Phenotypic variation and correlations among traits under P treatments
Data for all nine traits were normally distributed across the three P treatments (Fig. S1). Under low P condition, Zhongmai 895 showed higher RL, RV, ROSA, RDW, TDW and RRS, but lower RD, RTN, and SDW than Yangmai 16. Except for RD and RRS in the high P treatment, Yangmai 16 had higher RL, RV, RTN, ROSA, SDW, RDW and TDW than Zhongmai 895 (Fig. S2).

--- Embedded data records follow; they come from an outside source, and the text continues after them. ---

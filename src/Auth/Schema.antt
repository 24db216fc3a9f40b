-- ===== src/Auth/Schema.antt =====
-- The rows, the claims and the settings of auth/application/auth.service.ts, and the libraries
-- @nestjs/jwt and bcryptjs as the parameter `Crypto`. S is the type of the strings that are hashed or
-- signed: passwords, hashes, secrets and tokens.
use trading_backend.Base.{
  ◌==◌, if◌then◌else◌, is_some, some_and, ℕ, ◌+◌, ◌≤◌, String, ◌≡◌, Bool, true, false, not, ◌&&◌,
  Option, none, some, List, str_eq,
}
use trading_backend.Store.Enums.{Role}
use trading_backend.Store.Text.{say, Exception, unauthorized}
use trading_backend.Store.World.{StateAction}

pub record AuthUser (S : Type 0) : Type 0 where
  pub id : ℕ
  pub email : String
  pub password_hash : S
  pub role : Role
  pub is_active : Bool

-- the row of `auth_refresh_tokens`
pub record RefreshToken (S : Type 0) : Type 0 where
  pub id : ℕ
  pub user_id : ℕ
  pub token_hash : S
  pub expires_at : ℕ
  pub revoked_at : Option ℕ
  pub replaced_by : Option ℕ

pub record AuthStore (S : Type 0) : Type 0 where
  -- the next `randomUUID()`: ids never repeat
  pub next_id : ℕ
  pub users : List (AuthUser S)
  pub tokens : List (RefreshToken S)

pub record JwtUser : Type 0 where
  pub sub : ℕ
  pub email : String
  pub role : Role

-- what a token carries; an access token has neither `jti` nor `tokenType`
pub record Claims : Type 0 where
  pub user : JwtUser
  pub jti : Option ℕ
  pub token_type : Option String

-- `signAsync(payload, { secret, expiresIn })` at a time, `verifyAsync(token, { secret,
-- ignoreExpiration })` at a time, none when it throws, `bcrypt.hash` with its random salt,
-- `bcrypt.compare`, and the milliseconds that an `expiresIn` stands for.
pub record Crypto (S : Type 0) : Type 0 where
  pub sign : S → String → ℕ → Claims → S
  pub verify : S → Bool → ℕ → S → Option Claims
  pub hash : ℕ → S → S
  pub compare : S → S → Bool
  pub lifetime : String → ℕ

-- What the service relies on: a token's claims never change; ignoring the expiration accepts what was
-- accepted once; a token that was signed is accepted until the second before it expires; and a
-- value matches its own hash.
pub record IsFaithful {S : Type 0} (crypto : Crypto S) : Type 0 where
  pub claims_fixed :
      (key : S) (b b' : Bool) (now now' : ℕ) (token : S) (c c' : Claims)
      → crypto.verify key b now token ≡ some c
      → crypto.verify key b' now' token ≡ some c'
      → c ≡ c'
  pub ignores_expiry :
      (key : S) (now now' : ℕ) (token : S) (c : Claims)
      → crypto.verify key false now token ≡ some c
      → crypto.verify key true now' token ≡ some c
  pub verifies :
      (key : S) (expires_in : String) (now now' : ℕ) (c : Claims)
      → now ≤ now'
      → now' + 1000 ≤ now + crypto.lifetime expires_in
      → crypto.verify key false now' (crypto.sign key expires_in now c) ≡ some c
  pub matches : (salt : ℕ) (x : S) → crypto.compare x (crypto.hash salt x) ≡ true

pub record AuthConfig (S : Type 0) : Type 0 where
  pub secret : S
  pub refresh_secret : S
  pub access_expires_in : Option String
  pub refresh_expires_in : Option String
  pub refresh_cookie_max_age : Option ℕ

-- what a call finds: the time and the salt of its hash
pub record Instant : Type 0 where
  pub now : ℕ
  pub salt : ℕ

pub record Session (S : Type 0) : Type 0 where
  pub access_token : S
  pub refresh_token : S
  pub user : JwtUser

abbrev pub AuthAction : Type 0 → Type 0 → Type 0
AuthAction S A = StateAction (AuthStore S) (Unit {0}) A

abbrev pub jwt_user : {S : Type 0} → AuthUser S → JwtUser
jwt_user u = record { sub = u.id; email = u.email; role = u.role }

abbrev pub access_claims : JwtUser → Claims
access_claims u = record { user = u; jti = none; token_type = none }

abbrev pub refresh_claims : JwtUser → ℕ → Claims
refresh_claims u id = record { user = u; jti = some id; token_type = some "refresh" }

abbrev pub unrevoked_token : {S : Type 0} → ℕ → RefreshToken S → Bool
unrevoked_token id t = t.id == id && not (is_some t.revoked_at)

abbrev pub revoked_row : {S : Type 0} → ℕ → Option ℕ → RefreshToken S → RefreshToken S
revoked_row now next t = record t { revoked_at = some now; replaced_by = next }

abbrev pub invalid_refresh_token : Exception (Unit {0})
invalid_refresh_token = unauthorized (say "Invalid refresh token")

-- a token's id, if its claims are those of a refresh token
abbrev pub refresh_id : Claims → Option ℕ
refresh_id c = if some_and (λ t. str_eq t "refresh") c.token_type then c.jti else none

Phenotypic variances among the DH lines were significant (P <0.0001). Transgressive segregations across P treatments were observed for most of traits (Fig. S2; Table 1). The average values of the DH lines for RL, RV, RTN, and RRS were higher than parents in the low P treatment, indicating positive effects for root vigor from both parents (Fig. 1,S2). Broad-sense heritabilities of nine traits were ranged from 0.76 to 0.91 (Table 1).

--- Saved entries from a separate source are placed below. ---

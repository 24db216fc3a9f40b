-- ===== src/Auth.antt =====
-- auth/application/auth.service.ts: login, the session's user, the rotation of refresh tokens and
-- logout, on the tables of users and refresh tokens.
pub mod Schema
pub mod Tokens
pub mod Rotation
pub mod Sessions
pub mod Replay
pub mod Renewal
pub mod Chain
use trading_backend.Base.{
  leb, ◌==◌, if◌then◌else◌, or_default, is_some, find_first, update_where, ℕ, suc, ◌+◌, ◌*◌, String,
  Bool, true, false, ◌||◌, Option, none, some, List, [], ◌∷◌, str_eq,
}
use trading_backend.Auth.Schema.{
  AuthUser, RefreshToken, AuthStore, JwtUser, Crypto, AuthConfig, Instant, Session, AuthAction,
  jwt_user, access_claims, refresh_claims, unrevoked_token, revoked_row, invalid_refresh_token,
  refresh_id,
}
use trading_backend.Store.Text.{say, unauthorized}
use trading_backend.Store.World.{
  ◌>>=◌, ◌>>◌, pure, throw, throw_unless, gets, or_throw, catch, ok, err,
}

module _ {S : Type 0} where
  -- `revokeRefreshToken`
  unfoldable pub revoke_refresh_token : Instant → ℕ → AuthStore S → AuthStore S
  unfolding update_where
  revoke_refresh_token at id s = record s {
    tokens =
        update_where (unrevoked_token id) (λ t. record t { revoked_at = some at.now }) s.tokens;
  }

  -- the `updateMany` of `createRefreshSession`
  unfoldable pub replace_token : Instant → Option ℕ → ℕ → AuthStore S → AuthStore S
  unfolding update_where
  replace_token at none next s = s
  replace_token at (some id) next s = record s {
    tokens = update_where (unrevoked_token id) (revoked_row at.now (some next)) s.tokens;
  }

  abbrev pub session_of : JwtUser → S × S → Session S
  session_of user tokens = record { access_token = tokens.0; refresh_token = tokens.1; user = user }

  abbrev pub active_user : (AuthUser S → Bool) → AuthStore S → Option (AuthUser S)
  active_user p s = elim (find_first p s.users) [
    | none ↦ none
    | some u ↦ if u.is_active then some u else none
  ]

  -- `me`
  unfoldable pub me : ℕ → AuthAction S JwtUser
  unfolding find_first
  me user_id = do
    found ← gets (active_user (λ u. u.id == user_id))
    user ← or_throw found (unauthorized (say "Invalid session"))
    pure (jwt_user user)

  -- the rows that a token's id names, unless they refuse it
  abbrev pub live_token : Instant → ℕ → AuthStore S → Option (RefreshToken S)
  live_token at id s = elim (find_first (λ t. t.id == id) s.tokens) [
    | none ↦ none
    | some t ↦ if is_some t.revoked_at || leb t.expires_at at.now then none else some t
  ]

module _ {S : Type 0} (crypto : Crypto S) (config : AuthConfig S) where
  open crypto use {sign, verify, hash, compare}

  -- `signTokens`
  unfoldable pub sign_tokens : Instant → JwtUser → ℕ → S × S
  sign_tokens at user refresh_token_id = (
    sign config.secret (or_default config.access_expires_in "15m") at.now (access_claims user),
    sign config.refresh_secret (or_default config.refresh_expires_in "7d") at.now
        (refresh_claims user refresh_token_id),
  )

  abbrev pub refresh_max_age : ℕ
  refresh_max_age = or_default config.refresh_cookie_max_age (7 * 24 * 60 * 60 * 1000)

  abbrev pub token_row : Instant → JwtUser → ℕ → RefreshToken S
  token_row at user id = record {
    id = id;
    user_id = user.sub;
    token_hash = hash at.salt (sign_tokens at user id).1;
    expires_at = at.now + refresh_max_age;
    revoked_at = none;
    replaced_by = none;
  }

  -- `createRefreshSession`
  unfoldable pub create_refresh_session :
      Instant → JwtUser → Option ℕ → AuthStore S → (S × S) × AuthStore S
  unfolding sign_tokens replace_token
  create_refresh_session at user previous s =
      let id = s.next_id in
      let created = record s { next_id = suc id; tokens = token_row at user id ∷ s.tokens } in
      (sign_tokens at user id, replace_token at previous id created)

  abbrev pub open_session : Instant → JwtUser → Option ℕ → AuthAction S (Session S)
  open_session at user previous s =
      let (tokens, s') = create_refresh_session at user previous s in
      (ok (session_of user tokens), s')

  -- `login`
  unfoldable pub login : Instant → String → S → AuthAction S (Session S)
  unfolding create_refresh_session find_first
  login at email password = do
    found ← gets (active_user (λ u. str_eq u.email email))
    user ← or_throw found (unauthorized (say "Invalid credentials"))
    throw_unless (compare password user.password_hash) (unauthorized (say "Invalid credentials"))
    open_session at (jwt_user user) none

  -- the comparison with the stored hash; a token that is not the stored one revokes it
  unfoldable pub match_hash : Instant → S → RefreshToken S → AuthAction S (Unit {0})
  match_hash at token stored s =
      if compare token stored.token_hash
      then (ok tt, s)
      else (err invalid_refresh_token, revoke_refresh_token at stored.id s)

  -- `refresh` up to its call of `createRefreshSession`: the user and the stored token's id
  unfoldable pub check_refresh : Instant → S → AuthAction S (JwtUser × ℕ)
  unfolding find_first revoke_refresh_token
  check_refresh at token = do
    claims ← or_throw (verify config.refresh_secret false at.now token) invalid_refresh_token
    id ← or_throw (refresh_id claims) invalid_refresh_token
    found ← gets (live_token at id)
    stored ← or_throw found invalid_refresh_token
    match_hash at token stored
    row ← gets (active_user (λ u. u.id == claims.user.sub))
    user ← or_throw row (unauthorized (say "Invalid session"))
    pure (jwt_user user, stored.id)

  -- the body of the `try` of `refresh`
  abbrev pub refresh_session : Instant → S → AuthAction S (Session S)
  refresh_session at token = check_refresh at token >>= λ (user, id). open_session at user (some id)

  -- `refresh`: whatever is thrown, the answer is one message
  unfoldable pub refresh : Instant → S → AuthAction S (Session S)
  refresh at token = catch (refresh_session at token) (λ e. throw invalid_refresh_token)

  -- `logout`: no token, a missing or empty cookie, and an unreadable one change nothing
  unfoldable pub logout : Instant → Option S → AuthStore S → AuthStore S
  unfolding revoke_refresh_token
  logout at none s = s
  logout at (some token) s = elim (verify config.refresh_secret true at.now token) [
    | none ↦ s
    | some c ↦ elim (refresh_id c) [ none ↦ s | some id ↦ revoke_refresh_token at id s ]
  ]

-- The requests of auth.controller.ts that reach the service, with what their call finds.
pub data Request (S : Type 0) : Type 0 where
  login_request : String → S → Request S
  me_request : ℕ → Request S
  refresh_request : S → Request S
  logout_request : Option S → Request S

module _ {S : Type 0} (crypto : Crypto S) (config : AuthConfig S) where
  unfoldable pub answer : Instant → Request S → AuthStore S → AuthStore S
  unfolding login me refresh logout
  answer at (Request.login_request email password) s = (login crypto config at email password s).1
  answer at (Request.me_request id) s = (me id s).1
  answer at (Request.refresh_request token) s = (refresh crypto config at token s).1
  answer at (Request.logout_request token) s = logout crypto config at token s

  -- one request after the other
  unfoldable pub answers : List (Instant × Request S) → AuthStore S → AuthStore S
  unfolding answer
  answers [] s = s
  answers ((at, r) ∷ rs) s = answers rs (answer at r s)

  -- the session's refreshes, each with the token that the one before has given
  unfoldable pub renew : List Instant → S → AuthAction S S
  unfolding refresh
  renew [] token = pure token
  renew (at ∷ ats) token = refresh crypto config at token >>= λ x. renew ats x.refresh_token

RSA and RBT traits were correlated significantly (r = 0.59 to 0.98 at all three P levels). However, RD was negatively correlated with RL, RTN and ROSA (r = –0.23 to –0.69) (Fig. 2).
QTLs for root system architecture traits
Nineteen QTLs from the three P treatments were identified for RSA traits RL, RV, RTN and ROSA on chromosomes 1BL, 2BL, 2DL, 3DL, 4BS, 6AL, 6BL (2), 6DS, 7AS (5), 7AL (3) and 7BL (2) (Table 2). Among them 6 QTLs were detected for the zero control, and 7 in the low and 6 in the high P treatments with the phenotypic variances explained of 45.1, 48.0, 53.7%, respectively. Seventeen QTLs on chromosomes 2BL, 2DL, 3DL (2), 4BS (3), 6AL, 6BL (3), 6DS (2), 7AS (2), 7AL (2) conferred positive additive effects contributed by Zhongmai 895 (Table 2). In the low P treatment, three QTLs were identified for each of RL and RTN, explaining 20.7% and 21.7% of phenotypic variances, respectively. RL and RTN were co-located on chromosomes 6BL, 7AL and 7BL. In addition, Zhongmai 895 possessed positive alleles on 6BL and 7AL for increased phenotypic values (Table 2).

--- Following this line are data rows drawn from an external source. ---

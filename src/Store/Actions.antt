-- ===== src/Store/Actions.antt =====
-- Sequences of actions: what they keep of the state, and what their success needs.
use trading_backend.Base.{◌≡◌, refl, ap, ◌∙◌, ◌≢◌, arith}
use trading_backend.Store.Text.{Exception}
use trading_backend.Store.World.{Result, StateAction, ◌>>=◌, throw, catch, IsThrow, ok, err}

module _ {S W A B : Type 0} where
  after :
      (R : S → S → Type 0)
      → ((a b c : S) → R a b → R b c → R a c)
      → (f : A → StateAction S W B) {w : S} (out : Result W A × S) → R w out.1
      → ((a : A) → R out.1 (f a out.1).1)
      → R w (elim out.0 as (λ r. Result W B × S) [ ok a ↦ f a out.1 | err e ↦ (err e, out.1) ]).1
  after R then f (ok a, w') r rs = then _ _ _ r (rs a)
  after R then f (err e, w') r rs = r

  -- A sequence keeps what both of its actions keep.
  pub >>=_keeps :
      (R : S → S → Type 0)
      → ((a b c : S) → R a b → R b c → R a c)
      → (m : StateAction S W A) (f : A → StateAction S W B) (w : S) → R w (m w).1
      → ((a : A) → R (m w).1 (f a (m w).1).1)
      → R w ((m >>= f) w).1
  >>=_keeps R then m f w r rs = after R then f (m w) r rs

  succeeds :
      (f : A → StateAction S W B) (out : Result W A × S) {b : B}
      → (elim out.0 as (λ r. Result W B × S) [ ok a ↦ f a out.1 | err e ↦ (err e, out.1) ]).0 ≡ ok b
      → (a : A) × (out.0 ≡ ok a) × ((f a out.1).0 ≡ ok b)
  succeeds f (ok a, w') h = (a, refl, h)
  succeeds f (err e, w') h = absurd (ground arith)

  -- A sequence succeeds by the success of both of its actions.
  pub >>=_ok :
      (m : StateAction S W A) (f : A → StateAction S W B) (w : S) {b : B}
      → ((m >>= f) w).0 ≡ ok b
      → (a : A) × ((m w).0 ≡ ok a) × ((f a (m w).1).0 ≡ ok b)
  >>=_ok m f w h = succeeds f (m w) h

module _ {S W A : Type 0} (x : Exception W) where
  rethrown : (out : Result W A × S) → Result W A × S
  rethrown (r, w) = elim r [ ok a ↦ (ok a, w) | err e ↦ throw x w ]

  rethrown_state : (out : Result W A × S) → (rethrown out).1 ≡ out.1
  unfolding rethrown
  rethrown_state (ok a, w) = refl
  rethrown_state (err e, w) = refl

  rethrown_ok : (out : Result W A × S) {a : A} → (rethrown out).0 ≡ ok a → out.0 ≡ ok a
  unfolding rethrown
  rethrown_ok (ok b, w) h = h
  rethrown_ok (err e, w) h = absurd (ground arith)

  ok_rethrown : (out : Result W A × S) {a : A} → out.0 ≡ ok a → (rethrown out).0 ≡ ok a
  unfolding rethrown
  ok_rethrown (ok b, w) h = h
  ok_rethrown (err e, w) h = absurd (ground arith)

  -- `try { m } catch { throw x; }` leaves the state that m leaves.
  pub catch_state : (m : StateAction S W A) (w : S) → (catch m (λ e. throw x) w).1 ≡ (m w).1
  unfolding rethrown
  catch_state m w = rethrown_state (m w)

  -- It succeeds as m does.
  pub catch_ok :
      (m : StateAction S W A) (w : S) {a : A} → (catch m (λ e. throw x) w).0 ≡ ok a → (m w).0 ≡ ok a
  unfolding rethrown
  catch_ok m w h = rethrown_ok (m w) h

  pub ok_catch :
      (m : StateAction S W A) (w : S) {a : A} → (m w).0 ≡ ok a → (catch m (λ e. throw x) w).0 ≡ ok a
  unfolding rethrown
  ok_catch m w h = ok_rethrown (m w) h

pub IsThrow-cases : {W A : Type 0} (r : Result W A) → ((a : A) → r ≢ ok a) → IsThrow r
IsThrow-cases (ok a) h = h a refl
IsThrow-cases (err e) h = tt

module _ {S W A B : Type 0} where
  stopped :
      (f : A → StateAction S W B) (out : Result W A × S) {x : Exception W}
      → out.0 ≡ err x
      → (elim out.0 as (λ _. Result W B × S) [ ok a ↦ f a out.1 | err e ↦ (err e, out.1) ]).1
        ≡ out.1
  stopped f (ok a, w) h = absurd (ground arith)
  stopped f (err e, w) h = refl

  -- After a throw, nothing more is done.
  pub >>=_stops :
      (m : StateAction S W A) (f : A → StateAction S W B) (w : S) {x : Exception W}
      → (m w).0 ≡ err x
      → ((m >>= f) w).1 ≡ (m w).1
  >>=_stops m f w h = stopped f (m w) h

-- What an action gives that is known to succeed, in a sequence and in a `try`.
module _ {S W A B : Type 0} where
  pub >>=_eq :
      (m : StateAction S W A) (f : A → StateAction S W B) {w w' : S} {a : A}
      → m w ≡ (ok a, w')
      → (m >>= f) w ≡ f a w'
  >>=_eq m f h =
      ap
        (λ (out : Result W A × S). elim out.0 as (λ _. Result W B × S) [
          | ok a ↦ f a out.1
          | err e ↦ (err e, out.1)
        ])
        h

  pub >>=_throws :
      (m : StateAction S W A) (f : A → StateAction S W B) {w w' : S} {e : Exception W}
      → m w ≡ (err e, w')
      → (m >>= f) w ≡ (err e, w')
  >>=_throws m f h =
      ap
        (λ (out : Result W A × S). elim out.0 as (λ _. Result W B × S) [
          | ok a ↦ f a out.1
          | err e ↦ (err e, out.1)
        ])
        h

module _ {S W A : Type 0} where
  pub pair_eq :
      {out : Result W A × S} {r : Result W A} {w : S} → out.0 ≡ r → out.1 ≡ w → out ≡ (r, w)
  pair_eq {out} {r} h k = ap (λ q. (q, out.1)) h ∙ ap (λ v. (r, v)) k

  pub catch_eq :
      (m : StateAction S W A) (k : Exception W → StateAction S W A) {w w' : S} {a : A}
      → m w ≡ (ok a, w')
      → catch m k w ≡ (ok a, w')
  catch_eq m k h =
      ap
        (λ (out : Result W A × S). elim out.0 as (λ _. Result W A × S) [
          | ok a ↦ (ok a, out.1)
          | err e ↦ k e out.1
        ])
        h

  pub catch_throws :
      (m : StateAction S W A) (k : Exception W → StateAction S W A) {w w' : S} {e : Exception W}
      → m w ≡ (err e, w')
      → catch m k w ≡ k e w'
  catch_throws m k h =
      ap
        (λ (out : Result W A × S). elim out.0 as (λ _. Result W A × S) [
          | ok a ↦ (ok a, out.1)
          | err e ↦ k e out.1
        ])
        h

QTLs for root biomass-related traits
Fifteen QTLs for RBT traits were identified on chromosomes 3AS (3), 3DL, 4BS (5), 4DS (4), 6BL and 6DS (Table 2). Two, 4 and 9 QTLs were identified in the zero, low and high P treatments, and explained 34.0, 42.8 and 67.6% of the phenotypic variances, respectively. A stable QTL (QRDW.caas–4BS) was identified under both low and high P conditions, explaining 8.1 to 17.7% of the phenotypic variances for RDW. A pleiotropic QTL on chromosome 4DS in interval AX–109816583 - AX–109478820 (16.64 - 30.66 Mb) detected in the low P treatment for RDW co-located with 3 QTLs in all three P treatments for RRS explained 7.1 to 20.4% of the phenotypic variances (Table 2).
QTL clusters
Fifteen QTLs in seven clusters (C1 to C7) for different traits in all three P treatments were identified in the same or close marker intervals (Fig. 3). QTL clusters were located on 3DL, 4BS, 4DS, 6BL, 7AS, 7AL and 7BS chromosomes, respectively. Of these, C1 was on 3DL for SDW and RTN under high P treatment. C2 for RV and RRS on 4BS was detected in a 0.31 Mb interval between SNPs AX–109491270 (21.79 Mb) and AX–108815849 (21.42 Mb). C3 on 4DS comprised QTLs for RDW and RRS. QTL in clusters on 4B (16.64 - 30.66 Mb) and 4D (32.42 - 37.86 Mb) were at or very near to reduced plant height gene loci Rht-B1 (30.8Mb) and Rht-D1 (18.9Mb), respectively. C4, C6 and C7 involved the same traits (RL and RTN) on chromosomes 6BL, 7AL and 7BL. Joint QTL analysis reveal that, QTLs presented in four clusters. i.e. C3 (RDW and RRS), C4 (RL and RTN), C5 (RL, RTN, ROSA) and C7 (RL and RTN) were identified as pleiotropic QTL under different P levels (Fig. 3). C5 on 7AS (AX–109955164-AX–109445593) affected RL, RTN and ROSA, with the favorable allele contributed by Zhongmai 895 (Fig. 3).